#### [What you should do]
Which lines run from the start of the data below to the line containing "refuses : Edge pending rejected"? Set them down exactly, with none added.

#### [Data excerpts]
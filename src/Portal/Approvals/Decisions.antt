-- ===== src/Portal/Approvals/Decisions.antt =====
-- What approvals and rejections of portal_server/orders.go do to the orders.
use textile_erp_cloud.Base.Bools.{or_false}
use mathlib.Core.Option.{some-injective}
use textile_erp_cloud.Base.{
  ◌≡◌, refl, sym, ◌∙◌, inl, inr, false, ◌||◌, Option, none, some, List, [], ◌∷◌, Bool-cases, find,
}
use textile_erp_cloud.Base.Int.{ℤ, pos, ltb_ℤ}
use textile_erp_cloud.Base.Result.{Result, ok, err}
use textile_erp_cloud.Base.Text.{Text, trim_space}
use textile_erp_cloud.Portal.Access.{Access}
use textile_erp_cloud.Portal.Managed.{create_managed, update_managed}
use textile_erp_cloud.Portal.Orders.{Order, Status, pending, approved, rejected, is_approved}
use textile_erp_cloud.Portal.Services.{AccessError, Services, Draws}
use textile_erp_cloud.Portal.Store.{Row, list_accesses}
use textile_erp_cloud.Portal.Approvals.{
  Desk, order_by_id, find_account, save_order, portal_password, close_saved, close_order, as_trial,
  upgrade_spec, customer_spec, with_account, is_requester, upgrade, activate, approve_with,
  is_rejected, approve_found, approve, reject_saved, reject_found, reject,
}
use textile_erp_cloud.Portal.Approvals.Lists.{IsDistinctOrders, Occurs, order_by_id-Occurs}
use textile_erp_cloud.Portal.Approvals.Saves.{
  replaced, stamped, save_order-some, replaced-IsDistinctOrders, Pairs, Pairs-refl, replaced-Pairs,
}

-- The edges of the diagram of an order, with what else stays.
pub data Edge : Status → Status → Type 0 where
  stays : {s : Status} → Edge s s
  accepts : Edge pending approved
  refuses : Edge pending rejected

abbrev pub Moves : Order → Order → Type 0
Moves a b = Edge a.status b.status × (a.id ≡ b.id) × (a.created_at ≡ b.created_at)

Moves-refl : (o : Order) → Moves o o
Moves-refl o = (stays, refl, refl)

-- The orders move, and keep their ids apart.
abbrev pub Goes : List Order → List Order → Type 0
Goes before now = Pairs Moves before now × IsDistinctOrders now

same : (orders : List Order) → IsDistinctOrders orders → Goes orders orders
same orders d = (Pairs-refl Moves orders Moves-refl, d)

moved :
    (now : ℤ) (o n : Order) (orders : List Order)
    → IsDistinctOrders orders
    → Occurs o orders
    → Moves o n
    → Goes orders (replaced (stamped now n) orders)
moved now o n orders d k (edge, id, created) = (
  replaced-Pairs Moves o (stamped now n) orders Moves-refl (sym id) d k (edge, id, created),
  replaced-IsDistinctOrders (stamped now n) orders d,
)

to_approved : (s : Status) → is_rejected s ≡ false → Edge s approved
to_approved pending h = accepts
to_approved approved h = stays
to_approved rejected h = absurd (cc)

to_rejected : (s : Status) → is_approved s ≡ false → Edge s rejected
to_rejected pending h = refuses
to_rejected rejected h = stays
to_rejected approved h = absurd (cc)

close_saved-Goes :
    (o : Order) (a : Access) (shown : Text) (desk : Desk) (before orders : List Order)
    (found : Option (List Order))
    → found ≡ some orders
    → Goes before orders
    → Goes before (close_saved o a shown desk found).1.orders
close_saved-Goes o a shown desk before orders none e g = absurd (cc)
close_saved-Goes o a shown desk before orders (some others) e g = rw (some-injective _ _ e) g

close_order-Goes :
    (now : ℤ) (admin_note : Text) (o n : Order) (a : Access) (company : ℤ) (shown : Text)
    (desk : Desk)
    → IsDistinctOrders desk.orders
    → Occurs o desk.orders
    → is_rejected o.status ≡ false
    → (o.id ≡ n.id) × (o.created_at ≡ n.created_at)
    → Goes desk.orders (close_order now admin_note n a company shown desk).1.orders
unfolding close_order
close_order-Goes now admin_note o n a company shown desk d k live (id, created) =
    close_saved-Goes n' a shown desk desk.orders (replaced (stamped now n') desk.orders)
      (save_order now n' desk.orders) (save_order-some now o n' desk.orders (sym id) k)
      (moved now o n' desk.orders d k (to_approved o.status live, id, created))
  where
    n' : Order
    n' = record n {
      status = approved;
      access_id = a.id;
      financial_company_id = company;
      admin_note = trim_space admin_note;
    }

with_account-Goes :
    (now : ℤ) (admin_note : Text) (o : Order) (orders : List Order)
    (r : Result AccessError (Access × Text) × List Row)
    → IsDistinctOrders orders
    → Occurs o orders
    → is_rejected o.status ≡ false
    → Goes orders (with_account now admin_note o orders r).1.orders
with_account-Goes now admin_note o orders (err e, file) d k live = same orders d
with_account-Goes now admin_note o orders (ok (a, shown), file) d k live =
    close_order-Goes now admin_note o (as_trial o) a a.financial_company_id shown
      (record { orders = orders; file = file }) d k live (refl, refl)

upgrade-Goes :
    (sv : Services) (describe : Order → Text) (now : ℤ) (dr : Draws) (admin_note : Text) (o : Order)
    (desk : Desk) (found : Option Access)
    → IsDistinctOrders desk.orders
    → Occurs o desk.orders
    → is_rejected o.status ≡ false
    → Goes desk.orders (upgrade sv describe now dr admin_note o desk found).1.orders
upgrade-Goes sv describe now dr admin_note o desk none d k live = same desk.orders d
upgrade-Goes sv describe now dr admin_note o desk (some a) d k live =
    with_account-Goes now admin_note o desk.orders
      (update_managed sv now dr a.id (upgrade_spec describe now o a) desk.file) d k live

activate-Goes :
    (sv : Services) (describe : Order → Text) (now : ℤ) (dr : Draws) (admin_note : Text) (o : Order)
    (desk : Desk)
    → IsDistinctOrders desk.orders
    → Occurs o desk.orders
    → is_rejected o.status ≡ false
    → Goes desk.orders (activate sv describe now dr admin_note o desk).1.orders
unfolding activate
activate-Goes sv describe now dr admin_note o desk d k live =
    elim (Bool-cases (ltb_ℤ (pos 0) o.requester_access_id)) [
      | inl known ↦ rw known (
          upgrade-Goes sv describe now dr admin_note o desk
            (find (is_requester o) (list_accesses desk.file)) d k live)
      | inr new ↦ rw new (
          with_account-Goes now admin_note o desk.orders
            (create_managed sv now dr (customer_spec describe now o) desk.file) d k live)
    ]

approve_with-Goes :
    (sv : Services) (describe : Order → Text) (now : ℤ) (dr : Draws) (admin_note : Text) (o : Order)
    (desk : Desk) (found : Option Access)
    → IsDistinctOrders desk.orders
    → Occurs o desk.orders
    → is_rejected o.status ≡ false
    → Goes desk.orders (approve_with sv describe now dr admin_note o desk found).1.orders
approve_with-Goes sv describe now dr admin_note o desk (some a) d k live =
    close_order-Goes now admin_note o o a o.financial_company_id (portal_password sv a) desk d k
      live (refl, refl)
approve_with-Goes sv describe now dr admin_note o desk none d k live =
    activate-Goes sv describe now dr admin_note o desk d k live

approve_found-Goes :
    (sv : Services) (describe : Order → Text) (now : ℤ) (dr : Draws) (admin_note : Text)
    (desk : Desk) (found : Option Order)
    → IsDistinctOrders desk.orders
    → ((o : Order) → found ≡ some o → Occurs o desk.orders)
    → Goes desk.orders (approve_found sv describe now dr admin_note desk found).1.orders
approve_found-Goes sv describe now dr admin_note desk none d k = same desk.orders d
approve_found-Goes sv describe now dr admin_note desk (some o) d k =
    elim (Bool-cases (is_rejected o.status)) [
      | inl dead ↦ rw dead (same desk.orders d)
      | inr live ↦ rw live (
          approve_with-Goes sv describe now dr admin_note o desk (find_account o desk.file) d
            (k o refl) live)
    ]

reject_saved-Goes :
    (n : Order) (desk : Desk) (orders : List Order) (found : Option (List Order))
    → found ≡ some orders
    → Goes desk.orders orders
    → Goes desk.orders (reject_saved n desk found).1.orders
reject_saved-Goes n desk orders none e g = absurd (cc)
reject_saved-Goes n desk orders (some others) e g = rw (some-injective _ _ e) g

reject_found-Goes :
    (now : ℤ) (admin_note : Text) (desk : Desk) (found : Option Order)
    → IsDistinctOrders desk.orders
    → ((o : Order) → found ≡ some o → Occurs o desk.orders)
    → Goes desk.orders (reject_found now admin_note desk found).1.orders
reject_found-Goes now admin_note desk none d k = same desk.orders d
reject_found-Goes now admin_note desk (some o) d k =
    let n : Order = record o { status = rejected; admin_note = trim_space admin_note } in
    elim (Bool-cases (is_approved o.status || ltb_ℤ (pos 0) o.access_id)) [
      | inl done ↦ rw done (same desk.orders d)
      | inr undone ↦ rw undone (
          reject_saved-Goes n desk (replaced (stamped now n) desk.orders)
            (save_order now n desk.orders) (save_order-some now o n desk.orders refl (k o refl))
            (moved now o n desk.orders d (k o refl)
              (to_rejected o.status (or_false (is_approved o.status) _ undone).0, refl, refl)))
    ]

-- What an administrator does with an order.
pub data Decision : Type 0 where
  approves : Draws → Text → Text → Decision
  rejects : Text → Text → Decision

unfoldable pub decided : Services → (Order → Text) → ℤ → Decision → Desk → Desk
decided sv describe now (approves dr id note) desk = (approve sv describe now dr id note desk).1
decided sv describe now (rejects id note) desk = (reject now id note desk).1

abbrev pub all_decided : Services → (Order → Text) → List (ℤ × Decision) → Desk → Desk
all_decided sv describe [] desk = desk
all_decided sv describe ((now, x) ∷ more) desk =
    all_decided sv describe more (decided sv describe now x desk)

decided-Goes :
    (sv : Services) (describe : Order → Text) (now : ℤ) (x : Decision) (desk : Desk)
    → IsDistinctOrders desk.orders
    → Goes desk.orders (decided sv describe now x desk).orders
unfolding decided approve reject
decided-Goes sv describe now (approves dr id note) desk d =
    approve_found-Goes sv describe now dr note desk (order_by_id id desk.orders) d
      (λ o e. (order_by_id-Occurs id o desk.orders e).0)
decided-Goes sv describe now (rejects id note) desk d =
    reject_found-Goes now note desk (order_by_id id desk.orders) d
      (λ o e. (order_by_id-Occurs id o desk.orders e).0)

Edge-trans : {s t u : Status} → Edge s t → Edge t u → Edge s u
Edge-trans stays f = f
Edge-trans accepts stays = accepts
Edge-trans refuses stays = refuses

Pairs-trans : (xs ys zs : List Order) → Pairs Moves xs ys → Pairs Moves ys zs → Pairs Moves xs zs
Pairs-trans [] [] [] h k = tt
Pairs-trans (x ∷ xs) (y ∷ ys) (z ∷ zs) (h, hs) (k, ks) =
    ((Edge-trans h.0 k.0, h.1 ∙ k.1, h.2 ∙ k.2), Pairs-trans xs ys zs hs ks)
Pairs-trans [] [] (z ∷ zs) h k = absurd k
Pairs-trans [] (y ∷ ys) zs h k = absurd h
Pairs-trans (x ∷ xs) [] zs h k = absurd h
Pairs-trans (x ∷ xs) (y ∷ ys) [] h k = absurd k

-- Where no two orders share an id up to case, any approvals and rejections, failed ones and those with
-- failing servers included, keep every order in its place with its id and creation, and its status
-- stays or goes from pending to approved or to rejected: what is decided is not decided otherwise.
pub decisions-Moves :
    (sv : Services) (describe : Order → Text) (decisions : List (ℤ × Decision)) (desk : Desk)
    → IsDistinctOrders desk.orders
    → Pairs Moves desk.orders (all_decided sv describe decisions desk).orders
decisions-Moves sv describe [] desk d = Pairs-refl Moves desk.orders Moves-refl
decisions-Moves sv describe ((now, x) ∷ more) desk d =
    let (step, d') = decided-Goes sv describe now x desk d in
    let next = decided sv describe now x desk in
    Pairs-trans desk.orders next.orders (all_decided sv describe more next).orders step
      (decisions-Moves sv describe more next d')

#### [Problem solution]
filename src/Portal/Approvals/Decisions.antt
-- ===== src/Portal/Approvals/Decisions.antt =====
-- What approvals and rejections of portal_server/orders.go do to the orders.
use textile_erp_cloud.Base.Bools.{or_false}
use mathlib.Core.Option.{some-injective}
use textile_erp_cloud.Base.{
  ◌≡◌, refl, sym, ◌∙◌, inl, inr, false, ◌||◌, Option, none, some, List, [], ◌∷◌, Bool-cases, find,
}
use textile_erp_cloud.Base.Int.{ℤ, pos, ltb_ℤ}
use textile_erp_cloud.Base.Result.{Result, ok, err}
use textile_erp_cloud.Base.Text.{Text, trim_space}
use textile_erp_cloud.Portal.Access.{Access}
use textile_erp_cloud.Portal.Managed.{create_managed, update_managed}
use textile_erp_cloud.Portal.Orders.{Order, Status, pending, approved, rejected, is_approved}
use textile_erp_cloud.Portal.Services.{AccessError, Services, Draws}
use textile_erp_cloud.Portal.Store.{Row, list_accesses}
use textile_erp_cloud.Portal.Approvals.{
  Desk, order_by_id, find_account, save_order, portal_password, close_saved, close_order, as_trial,
  upgrade_spec, customer_spec, with_account, is_requester, upgrade, activate, approve_with,
  is_rejected, approve_found, approve, reject_saved, reject_found, reject,
}
use textile_erp_cloud.Portal.Approvals.Lists.{IsDistinctOrders, Occurs, order_by_id-Occurs}
use textile_erp_cloud.Portal.Approvals.Saves.{
  replaced, stamped, save_order-some, replaced-IsDistinctOrders, Pairs, Pairs-refl, replaced-Pairs,
}

-- The edges of the diagram of an order, with what else stays.
pub data Edge : Status → Status → Type 0 where
  stays : {s : Status} → Edge s s
  accepts : Edge pending approved
  refuses : Edge pending rejected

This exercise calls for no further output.